Stephanie Ramage has a post up dealing with the APD and
her accusation of data manipulation:
As Rafael Goyeneche, president of the New Orleans Metropolitan Crime Commission, told me in November, Pennington was besotted with COMSTAT, a crime data mapping system that he later brought to Atlanta. Basically, it’s a numbers tracker. By focusing on the numbers of crime, rather than crime itself, Pennington set a tone in the NOPD that encouraged district majors (what we call zone majors in Atlanta) to compete with each other for low crime stats. The result was cops underreporting crime. Unwittingly or not, employees in any institution tend to pick up on what matters to their boss, and they act accordingly.
I certainly think Ramage has a point about underreporting, but I don't think it may be as
malicious intentional as she suggests. I want to stress 'may,' because I can't know how intentional these things are inside the APD.
In b-school, one phrase that has come up a few times is "you get what you measure." When you make someone's performance evaluation dependent on a measurement, that measurement will likely improve. What WON'T improve is anything else. You are, in essence, telling them that all you care about is the measurement.

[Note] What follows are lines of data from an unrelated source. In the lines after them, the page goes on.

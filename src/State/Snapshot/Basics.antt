-- ===== src/State/Snapshot/Basics.antt =====
-- worldStateSnapshot.ts, lines 5 to 101: the tests on one value that the others are built of.
use sih.Prelude.{String, Bool, true, false, List, [], ◌∷◌, ◌&&◌, ◌||◌, every, any, ◌===◌}
use sih.Prelude.Runtime.{Runtime}
use sih.Prelude.Value.{
  Value, undefined, null, boolean, number, string, array, object, items, values, prop,
}

-- `set.has(text)` and `list.includes(text)`
unfoldable pub has : List String → String → Bool
unfolding any
has set text = any (λ s. s === text) set

abbrev pub data_modes : List String
data_modes = "LIVE" ∷ "SIMULATED" ∷ "REPLAY" ∷ []

abbrev pub corridor_states : List String
corridor_states = "GREEN" ∷ "YELLOW" ∷ "RED" ∷ "GREY" ∷ []

abbrev pub emergency_states : List String
emergency_states = "SAFE" ∷ "WARNING" ∷ "CRITICAL" ∷ "EMERGENCY_STOP" ∷ []

abbrev pub sensor_states : List String
sensor_states = "HEALTHY" ∷ "DEGRADED" ∷ "STALE" ∷ "OFFLINE" ∷ []

abbrev pub visibility_states : List String
visibility_states = "GOOD" ∷ "MODERATE" ∷ "LOW" ∷ "VERY_LOW" ∷ []

abbrev pub map_feature_types : List String
map_feature_types =
    "TERRAIN" ∷ "ROAD" ∷ "CENTERLINE" ∷ "BERM" ∷ "HAZARD_ZONE" ∷ "ROUTE" ∷ "INTERSECTION"
    ∷ "STATIC_OBSTACLE" ∷ "SPEED_ZONE" ∷ "START" ∷ "DESTINATION" ∷ []

abbrev pub geometry_types : List String
geometry_types = "POINT" ∷ "POLYLINE" ∷ "POLYGON" ∷ []

abbrev pub simulation_scenarios : List String
simulation_scenarios =
    "HAUL" ∷ "NORMAL" ∷ "FOG" ∷ "OBSTACLE" ∷ "EMERGENCY" ∷ "SCENARIO_1_DENSE_FOG"
    ∷ "SCENARIO_2_VEHICLE_AHEAD" ∷ "SCENARIO_3_OPPOSING_VEHICLE" ∷ "SCENARIO_4_STATIC_OBSTACLE"
    ∷ "SCENARIO_5_ROAD_CLOSURE_REROUTE" ∷ "SCENARIO_6_PAYLOAD_ROUTING"
    ∷ "SCENARIO_7_FLEET_MONITORING" ∷ "SCENARIO_8_HAULAGE_ANALYTICS" ∷ []

module _ {N : Type 0} where
  unfoldable pub is_record : Value N → Bool
  is_record (object fs) = true
  is_record _ = false

  -- `typeof value === "string"` and the like
  unfoldable pub is_string : Value N → Bool
  is_string (string s) = true
  is_string _ = false

  unfoldable pub is_number : Value N → Bool
  is_number (number n) = true
  is_number _ = false

  unfoldable pub is_boolean : Value N → Bool
  is_boolean (boolean b) = true
  is_boolean _ = false

  unfoldable pub is_null : Value N → Bool
  is_null null = true
  is_null _ = false

  unfoldable pub is_undefined : Value N → Bool
  is_undefined undefined = true
  is_undefined _ = false

  -- `value === "text"`
  unfoldable pub is_text : String → Value N → Bool
  is_text t (string s) = t === s
  is_text t _ = false

  -- `typeof value === "string" && SET.has(value)`
  unfoldable pub is_one_of : List String → Value N → Bool
  unfolding has
  is_one_of set (string s) = has set s
  is_one_of set _ = false

  -- `Array.isArray(value) && value.every(p)`
  unfoldable pub is_array_of : (Value N → Bool) → Value N → Bool
  unfolding every
  is_array_of p (array vs) = every p (items vs)
  is_array_of p _ = false

  -- `value.length > 0`, of an array
  unfoldable pub is_non_empty : Value N → Bool
  is_non_empty (array vs) = elim (items vs) [ [] ↦ false | _ ↦ true ]
  is_non_empty _ = false

  -- `isRecord(value) && Object.values(value).every(p)`
  unfoldable pub has_values : (Value N → Bool) → Value N → Bool
  unfolding every
  has_values p (object fs) = every p (values fs)
  has_values p _ = false

  unfoldable pub has_strings : Value N → List String → Bool
  unfolding every
  has_strings record' keys = every (λ key. is_string (prop record' key)) keys

  abbrev pub is_nullable_string : Value N → Bool
  is_nullable_string value = is_null value || is_string value

  unfoldable pub has_nullable_strings : Value N → List String → Bool
  unfolding every
  has_nullable_strings record' keys = every (λ key. is_nullable_string (prop record' key)) keys

  unfoldable pub is_primitive_properties : Value N → Bool
  is_primitive_properties value =
      has_values (λ item. is_string item || is_number item || is_boolean item) value

  unfoldable pub has_mode : Value N → Bool
  has_mode value = is_one_of data_modes value

module _ (js : Runtime) where
  open js use {Num, is_finite}

  unfoldable pub is_finite_number : Value Num → Bool
  is_finite_number (number n) = is_finite n
  is_finite_number _ = false

  abbrev pub is_nullable_finite_number : Value Num → Bool
  is_nullable_finite_number value = is_null value || is_finite_number value

  unfoldable pub has_finite_numbers : Value Num → List String → Bool
  unfolding every
  has_finite_numbers record' keys = every (λ key. is_finite_number (prop record' key)) keys

  unfoldable pub has_nullable_finite_numbers : Value Num → List String → Bool
  unfolding every
  has_nullable_finite_numbers record' keys =
      every (λ key. is_nullable_finite_number (prop record' key)) keys

  unfoldable pub is_point_2d : Value Num → Bool
  unfolding has_finite_numbers
  is_point_2d value = is_record value && has_finite_numbers value ("x_m" ∷ "y_m" ∷ [])

  unfoldable pub is_map_feature : Value Num → Bool
  unfolding has_strings
  is_map_feature value =
      is_record value
      && has_strings value ("feature_id" ∷ "feature_type" ∷ "geometry_type" ∷ "label" ∷ [])
      && is_one_of map_feature_types (prop value "feature_type")
      && is_one_of geometry_types (prop value "geometry_type")
      && is_non_empty (prop value "points")
      && is_array_of is_point_2d (prop value "points")
      && is_primitive_properties (prop value "properties")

If a low reporting of crime numbers is what you want, that is what you will get - never mind if it impacts customer satisfaction, or if response times stay high, or other aspects of the job that officers aren't spending their time on. You will get what you measure, and that is all.
This is why I've been calling for more than "more cops," but an organizational overhaul of the Police Department and an audit of their management practices. Are the police using a holistic scorecard, or is there too much focusing on the reported crime numbers? I think you can still use metrics to asses performance, but lets use more than just the number of reported crimes.
My first thought at some metrics I'd love to see published every month or at least quarter, in simple CSV files so that anyone with excel can do their own analysis if they want to:
- Reported crimes, by type, zone, beat, etc.
- Crimes solved, and whether that person was convicted (do they even keep track of this?)
- Number of calls responded to, location, and how many were reported as crimes (this would help measure Ramage's accusation)
- Response times, by zone, beat, etc.
- Call center wait times, blackout times
- Some sort of customer satisfaction measure - something like a quarterly poll of city residents, or some other regular
The city has some of this stuff, but they happen in irregular audits. I'd love to see the APD set up to record this stuff regularly.